» **What you need to do**:
Copy out exactly the stretch of the listing below that begins at the line containing "unfoldable pub permission_problems" and ends at the line containing "this is empty", and copy nothing outside it.

» **Material supplied**:
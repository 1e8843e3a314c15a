-- ===== src/Publication.antt =====
-- praxis/agents/publication.py: the catalogue of skills and the lifecycle of their versions, with
-- `SkillManifest` and `SkillRecord`. The table is a list in the order of creation. A file system and
-- Python's import are explicit: the files with their contents, and the modules imported so far. The
-- text of a problem or an error is kept as its parts.
pub mod Operations
pub mod Decisions
pub mod Versions
pub mod Cases
pub mod Activation
pub mod Proposals
pub mod Effects
pub mod Approving
pub mod Rollbacks
pub mod Entries
pub mod Allowed
pub mod Rulings
mod Tests
use praxis_ai_agent_platform.Common.{
  ℕ, String, Bool, true, false, ◌&&◌, ◌||◌, Option, none, some, List, [], ◌∷◌, ◌++◌, if◌then◌else◌,
  ◌==◌, nat_eq, string_eq, filter, any, contains, find_first, Json, Dict, Result, ok, err,
}
use praxis_ai_agent_platform.Policy.{
  Principal, Permission, AuthorizationError, describe, effective_permissions, permission_of,
}

pub data SkillStatus : Type 0 where
  pending_approval active deprecated revoked : SkillStatus

-- `is_callable`
abbrev pub is_callable_status : SkillStatus → Bool
is_callable_status active = true
is_callable_status deprecated = true
is_callable_status pending_approval = false
is_callable_status revoked = false

-- `status == SkillStatus.ACTIVE.value`, and the same of `PENDING_APPROVAL`
abbrev pub is_active_status : SkillStatus → Bool
is_active_status active = true
is_active_status deprecated = false
is_active_status pending_approval = false
is_active_status revoked = false

abbrev pub is_pending_status : SkillStatus → Bool
is_pending_status pending_approval = true
is_pending_status active = false
is_pending_status deprecated = false
is_pending_status revoked = false

-- The fields of a manifest that publication reads.
pub record SkillManifest : Type 0 where
  pub name : String
  pub description : String
  pub owner : String
  pub risk : String
  pub inputs : Dict String String
  pub outputs : Dict String String
  pub required_permissions : List String
  pub supported_connectors : List String
  pub dependencies : List String
  pub model_requirements : Dict String Json
  pub execution_budget : Dict String Json
  pub test_cases : List Json
  pub source_path : String
  pub synthesized : Bool

-- The owner that a manifest names, or else the requester as `describe` gives it.
pub data Owner : Type 0 where
  named : String → Owner
  requester : String × String → Owner

-- A row. Its id, its time of creation, its health and its definition are never read here.
pub record SkillRecord : Type 0 where
  pub tenant_id : String
  pub name : String
  pub version : ℕ
  pub status : SkillStatus
  pub risk : String
  pub synthesized : Bool
  pub inputs_schema : Dict String String
  pub outputs_schema : Dict String String
  pub owner : Owner
  pub description : String
  pub required_permissions : List String
  pub supported_connectors : List String
  pub dependencies : List String
  pub model_requirements : Dict String Json
  pub execution_budget : Dict String Json
  pub test_cases : List Json
  pub code_hash : String
  pub source_path : String
  pub approved_by_user_id : Option String
  pub approved_at : Option ℕ

abbrev pub Table : Type 0
Table = List SkillRecord

-- What a policy check finds: a dependency, an unknown permission, one that the requester lacks with
-- the requester, and a risk level.
pub data Problem : Type 0 where
  not_allowed : (dependency : String) → Problem
  unknown_permission : String → Problem
  not_held : String → String × String → Problem
  invalid_risk : String → Problem

-- `PublicationError` by its reason, the error of `authorize`, `MultipleResultsFound` of
-- `scalar_one_or_none`, and what an import raises.
pub data PublicationError : Type 0 where
  policy_check_failed : List Problem → PublicationError
  not_found : PublicationError
  wrong_status : SkillStatus → PublicationError
  code_hash_mismatch : (actual expected : String) → PublicationError
  never_approved : PublicationError
  unauthorized : AuthorizationError → PublicationError
  multiple_results : PublicationError
  import_failed : String → PublicationError

-- the problem that one dependency is
abbrev pub dependency_problem : List String → String → List Problem
dependency_problem permitted dependency =
    if contains permitted dependency then [] else not_allowed dependency ∷ []

unfoldable pub dependency_problems : List String → List String → List Problem
dependency_problems permitted [] = []
dependency_problems permitted (d ∷ ds) =
    dependency_problem permitted d ++ dependency_problems permitted ds

-- the body of the loop over the permissions
abbrev pub permission_problem : Principal → String → Option Permission → List Problem
permission_problem principal raw none = unknown_permission raw ∷ []
permission_problem principal raw (some p) =
    if effective_permissions principal p then [] else not_held raw (describe principal) ∷ []

unfoldable pub permission_problems : Principal → List String → List Problem
permission_problems principal [] = []
permission_problems principal (raw ∷ raws) =
    permission_problem principal raw (permission_of raw) ++ permission_problems principal raws

abbrev pub risk_problems : String → List Problem
risk_problems risk =
    if risk == "read_only" || risk == "mutating" then [] else invalid_risk risk ∷ []

-- `check_publication_policy`, whose result passes when this is empty
unfoldable pub check_publication_policy : List String → Principal → SkillManifest → List Problem
unfolding dependency_problems permission_problems
check_publication_policy permitted principal manifest =
    dependency_problems permitted manifest.dependencies
    ++ permission_problems principal manifest.required_permissions
    ++ risk_problems manifest.risk

-- the `where` clauses of the queries
unfoldable pub is_named : String → String → SkillRecord → Bool
is_named tenant_id name r = r.tenant_id == tenant_id && r.name == name

unfoldable pub is_version : String → String → ℕ → SkillRecord → Bool
unfolding is_named
is_version tenant_id name version r = is_named tenant_id name r && r.version == version

unfoldable pub is_active : String → String → SkillRecord → Bool
unfolding is_named
is_active tenant_id name r = is_named tenant_id name r && is_active_status r.status

-- `scalar_one_or_none`
abbrev pub scalar_one_or_none : Table → Result PublicationError (Option SkillRecord)
scalar_one_or_none [] = ok none
scalar_one_or_none (r ∷ []) = ok (some r)
scalar_one_or_none (r ∷ r' ∷ rs) = err multiple_results

-- `active_version`
unfoldable pub active_version : String → String → Table → Option SkillRecord
unfolding is_active
active_version tenant_id name db = find_first (is_active tenant_id name) db

-- `pending`
unfoldable pub pending : String → Table → List SkillRecord
pending tenant_id db = filter (λ r. r.tenant_id == tenant_id && is_pending_status r.status) db

-- `SkillPublisher.is_callable`
unfoldable pub is_callable : String → String → Table → Bool
unfolding is_named
is_callable tenant_id name db =
    any (λ r. is_callable_status r.status) (filter (is_named tenant_id name) db)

» **Written response**:
unfoldable pub permission_problems : Principal → List String → List Problem
permission_problems principal [] = []
permission_problems principal (raw ∷ raws) =
    permission_problem principal raw (permission_of raw) ++ permission_problems principal raws

abbrev pub risk_problems : String → List Problem
risk_problems risk =
    if risk == "read_only" || risk == "mutating" then [] else invalid_risk risk ∷ []

-- `check_publication_policy`, whose result passes when this is empty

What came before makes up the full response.